## TASK REQUIREMENTS:
Each line below from the one containing "run_in-Ends input hooks auto" through the one containing "input.cwd input.toolchain_override) local" should be output exactly as it stands, and no other line should appear.

Stored data entries
_ _ _ _ _
-- ===== src/Client/Shim/Ends.antt =====
-- How a run of the shim ends: which of its effects is the last, and with which exit code.
use rust_build_server.Prelude.{
  ◌≡◌, refl, ap, ◌∙◌, Bool, true, false, not, [], ◌∷◌, Option, inl, inr, any, Bytes, Result, ok,
  err, pos, if◌then◌else◌, Option-cases,
}
use mathlib.Core.Path.{subst}
use rust_build_server.Proto.Toolchain.{ToolchainFingerprint}
use rust_build_server.Config.{Mode, auto, remote, local, plain, Config}
use rust_build_server.Client.Backend.{RemoteProbe, select, consider, remote_skip, local_skip}
use rust_build_server.Client.Submit.{no_fingerprint}
use rust_build_server.Client.Shim.{
  ShimInput, Hooks, Run, run, run_in, run_here, after_fingerprint, run_chain, touch_and_run_here,
  probe_for,
}
use rust_build_server.Client.Shim.Quiet.{is_plain}
use rust_build_server.Client.Shim.Chain.{
  Ends, run_here-Ends, touch_and_run_here-Ends, start_chain-Ends, weaken, probe_for-answered,
}

select_auto_plain :
    (probe : Option RemoteProbe) (available : Bool) (cfg : Config)
    → any is_plain (select auto probe available cfg).chain ≡ true
unfolding select consider
select_auto_plain probe available cfg = elim (Option-cases (remote_skip probe cfg)) [
  | inl r ↦ elim (Option-cases (local_skip available cfg)) [
    | inl l ↦ rw (r, l) refl
    | inr (y, l) ↦ rw (r, l) refl
  ]
  | inr (x, r) ↦ elim (Option-cases (local_skip available cfg)) [
    | inl l ↦ rw (r, l) refl
    | inr (y, l) ↦ rw (r, l) refl
  ]
]

abbrev pub not_auto : Mode → Bool
not_auto auto = false
not_auto _ = true

run_chain-Ends :
    (input : ShimInput) (hooks : Hooks) (t : ToolchainFingerprint) (mode : Mode)
    → input.cfg.policy.mode ≡ mode
    → hooks.fingerprint input.cwd input.toolchain_override ≡ ok t
    → Ends input hooks (not_auto mode) (run_chain input hooks t)
unfolding run_chain
run_chain-Ends input hooks t auto e known =
    let plain_last : any is_plain
          (select input.cfg.policy.mode (probe_for input hooks).0 hooks.local_available
            input.cfg).chain
        ≡ true =
      ap
        (λ m.
          any is_plain (select m (probe_for input hooks).0 hooks.local_available input.cfg).chain)
        e
      ∙ select_auto_plain (probe_for input hooks).0 hooks.local_available input.cfg in
    subst (λ b. Ends input hooks b (run_chain input hooks t)) (ap not plain_last)
      (start_chain-Ends input hooks t known _ refl (probe_for input hooks).1
        (probe_for-answered input hooks))
run_chain-Ends input hooks t remote e known = weaken input hooks _ _ (
    start_chain-Ends input hooks t known _ refl (probe_for input hooks).1
      (probe_for-answered input hooks))
run_chain-Ends input hooks t local e known = weaken input hooks _ _ (
    start_chain-Ends input hooks t known _ refl (probe_for input hooks).1
      (probe_for-answered input hooks))
run_chain-Ends input hooks t plain e known = weaken input hooks _ _ (
    start_chain-Ends input hooks t known _ refl (probe_for input hooks).1
      (probe_for-answered input hooks))

-- Without a fingerprint, in a mode that is not `auto`.
no_fingerprint-Ends :
    (input : ShimInput) (hooks : Hooks) (x : Bytes)
    → hooks.fingerprint input.cwd input.toolchain_override ≡ err x
    → Ends input hooks true (pos 1, no_fingerprint x ∷ [])
no_fingerprint-Ends input hooks x unknown =
    ([], (pos 1, no_fingerprint x ∷ []), tt, inr (inr (inr (inl (refl, x, unknown, refl)))), refl)

after_fingerprint-Ends :
    (input : ShimInput) (hooks : Hooks) (t : Result Bytes ToolchainFingerprint) (mode : Mode)
    → input.cfg.policy.mode ≡ mode
    → hooks.fingerprint input.cwd input.toolchain_override ≡ t
    → Ends input hooks (not_auto mode) (after_fingerprint input hooks t mode)
unfolding after_fingerprint
after_fingerprint-Ends input hooks (ok t) mode e known = run_chain-Ends input hooks t mode e known
after_fingerprint-Ends input hooks (err x) auto e unknown =
    touch_and_run_here-Ends input hooks false input.cwd
after_fingerprint-Ends input hooks (err x) remote e unknown =
    no_fingerprint-Ends input hooks x unknown
after_fingerprint-Ends input hooks (err x) local e unknown =
    no_fingerprint-Ends input hooks x unknown
after_fingerprint-Ends input hooks (err x) plain e unknown =
    no_fingerprint-Ends input hooks x unknown

-- The tests of `run` before the fingerprint.
abbrev pub guarded : ShimInput → Hooks → Bool → Bool → Run → Run
guarded input hooks passes stays next =
    if passes
    then run_here input hooks
    else if stays
    then touch_and_run_here input hooks input.cwd
    else next

guarded-Ends :
    (input : ShimInput) (hooks : Hooks) (f passes stays : Bool) (next : Run)
    → Ends input hooks f next
    → Ends input hooks f (guarded input hooks passes stays next)
guarded-Ends input hooks f true stays next h = run_here-Ends input hooks f
guarded-Ends input hooks f false true next h = touch_and_run_here-Ends input hooks f input.cwd
guarded-Ends input hooks f false false next h = h

run_in-Ends :
    (input : ShimInput) (hooks : Hooks) (mode : Mode)
    → input.cfg.policy.mode ≡ mode
    → Ends input hooks (not_auto mode) (run_in input hooks mode)
unfolding run_in
run_in-Ends input hooks plain e = touch_and_run_here-Ends input hooks true input.cwd
run_in-Ends input hooks auto e = guarded-Ends input hooks false _ _ _ (
    after_fingerprint-Ends input hooks (hooks.fingerprint input.cwd input.toolchain_override) auto e
      refl)
run_in-Ends input hooks remote e = guarded-Ends input hooks true _ _ _ (
    after_fingerprint-Ends input hooks (hooks.fingerprint input.cwd input.toolchain_override) remote
      e refl)
run_in-Ends input hooks local e = guarded-Ends input hooks true _ _ _ (
    after_fingerprint-Ends input hooks (hooks.fingerprint input.cwd input.toolchain_override) local
      e refl)

-- Every run has exactly one effect that ends it, and this is its last but for a touch. Either the real cargo
-- is executed and its code is the run's; or the submission of this job to the remote or the local server
-- has given an exit status, and its code is the run's; or such a submission has given a mismatch and the
-- workspace or the command line names a toolchain: then it is reported, and the code is 1; or, in a mode
-- that is not `auto`, the toolchain has no fingerprint, the chain of backends is empty, or no backend of
-- it is left, and the code is 1. Where a mismatch is an error, nothing follows the report of one.
pub run-Ends :
    (input : ShimInput) (hooks : Hooks)
    → Ends input hooks (not_auto input.cfg.policy.mode) (run input hooks)
unfolding run
run-Ends input hooks = run_in-Ends input hooks input.cfg.policy.mode refl
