-- ===== src/Client/Submit/Events.antt =====
-- Which events a submission forwards, how it ends, and what an interrupt changes.
use rust_build_server.Prelude.{
  ◌≡◌, refl, ap, sym, ◌∙◌, Bool, true, false, List, [], ◌∷◌, ◌++◌, map, Option, none, some, Bytes,
  ok, All,
}
use mathlib.Core.List.{append_assoc}
use rust_build_server.Proto.Job.{
  JobId, JobRequest, JobEvent, queued, started, stdout, stderr, exited, rejected, event_id,
  is_terminal,
}
use rust_build_server.Proto.Message.{submit, cancel, event}
use rust_build_server.Client.Submit.{
  Effect, sent, wrote_stdout, wrote_stderr, Outcome, job_exited, Turn, received, interrupted,
  outcome_of, after, on_event, first_id, submit_loop, submit_job_to,
}

abbrev pub got : JobEvent → Turn
got ev = received (ok (some (event ev)))

-- What an event that is not the last writes.
abbrev pub output : JobEvent → List Effect
output (stdout id bytes) = wrote_stdout bytes ∷ []
output (stderr id bytes) = wrote_stderr bytes ∷ []
output _ = []

abbrev pub outputs : List JobEvent → List Effect
outputs [] = []
outputs (ev ∷ evs) = output ev ++ outputs evs

-- How a last event ends the submission; the others do not.
abbrev pub EndsWith : Bytes → JobEvent → Outcome → Type 0
EndsWith host (exited id code) o = o ≡ job_exited code
EndsWith host (rejected id reason) o = o ≡ outcome_of host reason
EndsWith host _ o = ⊥

abbrev pub IsRunning : JobEvent → Type 0
IsRunning ev = is_terminal ev ≡ false

abbrev pub prefixed : List Effect → Outcome × List Effect → Outcome × List Effect
prefixed es (o, later) = (o, es ++ later)

abbrev pub last_id : Option JobId → List JobEvent → Option JobId
last_id id [] = id
last_id id (ev ∷ evs) = first_id id ev

on_event-IsRunning :
    (host : Bytes) (ev : JobEvent) (r : Outcome × List Effect)
    → IsRunning ev
    → on_event host ev r ≡ prefixed (output ev) r
unfolding on_event is_terminal
on_event-IsRunning host (queued id position) r h = refl
on_event-IsRunning host (started id) r h = refl
on_event-IsRunning host (stdout id bytes) r h = refl
on_event-IsRunning host (stderr id bytes) r h = refl
on_event-IsRunning host (exited id code) r h = cc
on_event-IsRunning host (rejected id reason) r h = cc

prefixed-prefixed :
    (a b : List Effect) (r : Outcome × List Effect)
    → prefixed a (prefixed b r) ≡ prefixed (a ++ b) r
prefixed-prefixed a b (o, es) = ap (λ x. (o, x)) (sym (append_assoc a b es))

-- With the job's number known.
running_known :
    (host : Bytes) (i : JobId) (c : Bool) (evs : List JobEvent) (turns : List Turn)
    → All IsRunning evs
    → submit_loop host (some i) c (map got evs ++ turns)
      ≡ prefixed (outputs evs) (submit_loop host (some i) c turns)
unfolding submit_loop first_id
running_known host i c [] turns h = refl
running_known host i c (ev ∷ evs) turns h =
    on_event-IsRunning host ev _ h.0
    ∙ ap (prefixed (output ev)) (running_known host i c evs turns h.1)
    ∙ prefixed-prefixed (output ev) (outputs evs) (submit_loop host (some i) c turns)

running_first :
    (host : Bytes) (c : Bool) (ev : JobEvent) (evs : List JobEvent) (turns : List Turn)
    → All IsRunning (ev ∷ evs)
    → submit_loop host none c (map got (ev ∷ evs) ++ turns)
      ≡ prefixed (outputs (ev ∷ evs)) (submit_loop host (some (event_id ev)) c turns)
unfolding submit_loop first_id
running_first host c ev evs turns h =
    on_event-IsRunning host ev _ h.0
    ∙ ap (prefixed (output ev)) (running_known host (event_id ev) c evs turns h.1)
    ∙ prefixed-prefixed (output ev) (outputs evs) (submit_loop host (some (event_id ev)) c turns)

ended :
    (host : Bytes) (id : Option JobId) (c : Bool) (ev : JobEvent) (o : Outcome) (turns : List Turn)
    → EndsWith host ev o
    → submit_loop host id c (got ev ∷ turns) ≡ (o, [])
unfolding submit_loop on_event
ended host id c (queued i position) o turns h = absurd h
ended host id c (started i) o turns h = absurd h
ended host id c (stdout i bytes) o turns h = absurd h
ended host id c (stderr i bytes) o turns h = absurd h
ended host id c (exited i code) o turns h = ap (λ x. (x, [])) (sym h)
ended host id c (rejected i reason) o turns h = ap (λ x. (x, [])) (sym h)

-- Without an interrupt, a submission whose first events are not the last writes what they carry, in order,
-- and ends with the outcome of the first event that is the last; what follows is not read.
pub submit_job_to-events :
    (host : Bytes) (request : JobRequest) (ev : JobEvent) (evs : List JobEvent) (final : JobEvent)
    (o : Outcome) (rest : List Turn)
    → All IsRunning (ev ∷ evs)
    → EndsWith host final o
    → submit_job_to
        (record { send_result = ok tt; turns = map got (ev ∷ evs) ++ got final ∷ rest })
        request
        host
      ≡ (o, sent (submit request) ∷ outputs (ev ∷ evs) ++ [])
unfolding submit_job_to
submit_job_to-events host request ev evs final o rest h last = ap (after (sent (submit request))) (
    running_first host false ev evs (got final ∷ rest) h
    ∙ ap (prefixed (outputs (ev ∷ evs))) (ended host (some (event_id ev)) false final o rest last))

-- An interrupt after the first event sends a `Cancel` for the job that this event names; the events after
-- it are still forwarded, and the outcome is that of the last event.
pub submit_job_to-interrupted :
    (host : Bytes) (request : JobRequest) (ev : JobEvent) (evs later : List JobEvent)
    (final : JobEvent) (o : Outcome) (rest : List Turn)
    → All IsRunning (ev ∷ evs)
    → All IsRunning later
    → EndsWith host final o
    → submit_job_to
        (record {
          send_result = ok tt;
          turns = map got (ev ∷ evs) ++ interrupted (ok tt) ∷ (map got later ++ got final ∷ rest);
        })
        request
        host
      ≡ (
        o,
        sent (submit request) ∷ outputs (ev ∷ evs)
            ++ sent (cancel (event_id ev)) ∷ (outputs later ++ []),
      )
unfolding submit_job_to submit_loop
submit_job_to-interrupted host request ev evs later final o rest h hl last =
    ap (after (sent (submit request))) (
      running_first host false ev evs (interrupted (ok tt) ∷ (map got later ++ got final ∷ rest)) h
      ∙ ap (λ r. prefixed (outputs (ev ∷ evs)) (after (sent (cancel (event_id ev))) r))
          (running_known host (event_id ev) true later (got final ∷ rest) hl
            ∙ ap (prefixed (outputs later))
                (ended host (some (event_id ev)) true final o rest last)))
_ _ _ _ _
## TASK SOLUTION:
run_in-Ends input hooks auto e = guarded-Ends input hooks false _ _ _ (
    after_fingerprint-Ends input hooks (hooks.fingerprint input.cwd input.toolchain_override) auto e
      refl)
run_in-Ends input hooks remote e = guarded-Ends input hooks true _ _ _ (
    after_fingerprint-Ends input hooks (hooks.fingerprint input.cwd input.toolchain_override) remote
      e refl)
run_in-Ends input hooks local e = guarded-Ends input hooks true _ _ _ (
    after_fingerprint-Ends input hooks (hooks.fingerprint input.cwd input.toolchain_override) local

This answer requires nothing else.